| Work to be completed |
Provide a verbatim copy of the data below.

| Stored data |
================
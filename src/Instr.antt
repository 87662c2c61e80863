-- ===== src/Instr.antt =====
-- codegen/namesamd64.go and codegen/instramd64.go: the instructions, their table and their choice.
pub mod Flags
pub mod Entry
pub mod Table
pub mod Forms
pub mod Select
================
| Task output |
filename src/Instr.antt
repository 87662c2c61e80863
-- ===== src/Instr.antt =====
-- codegen/namesamd64.go and codegen/instramd64.go: the instructions, their table and their choice.
pub mod Flags
pub mod Entry
pub mod Table
pub mod Forms
pub mod Select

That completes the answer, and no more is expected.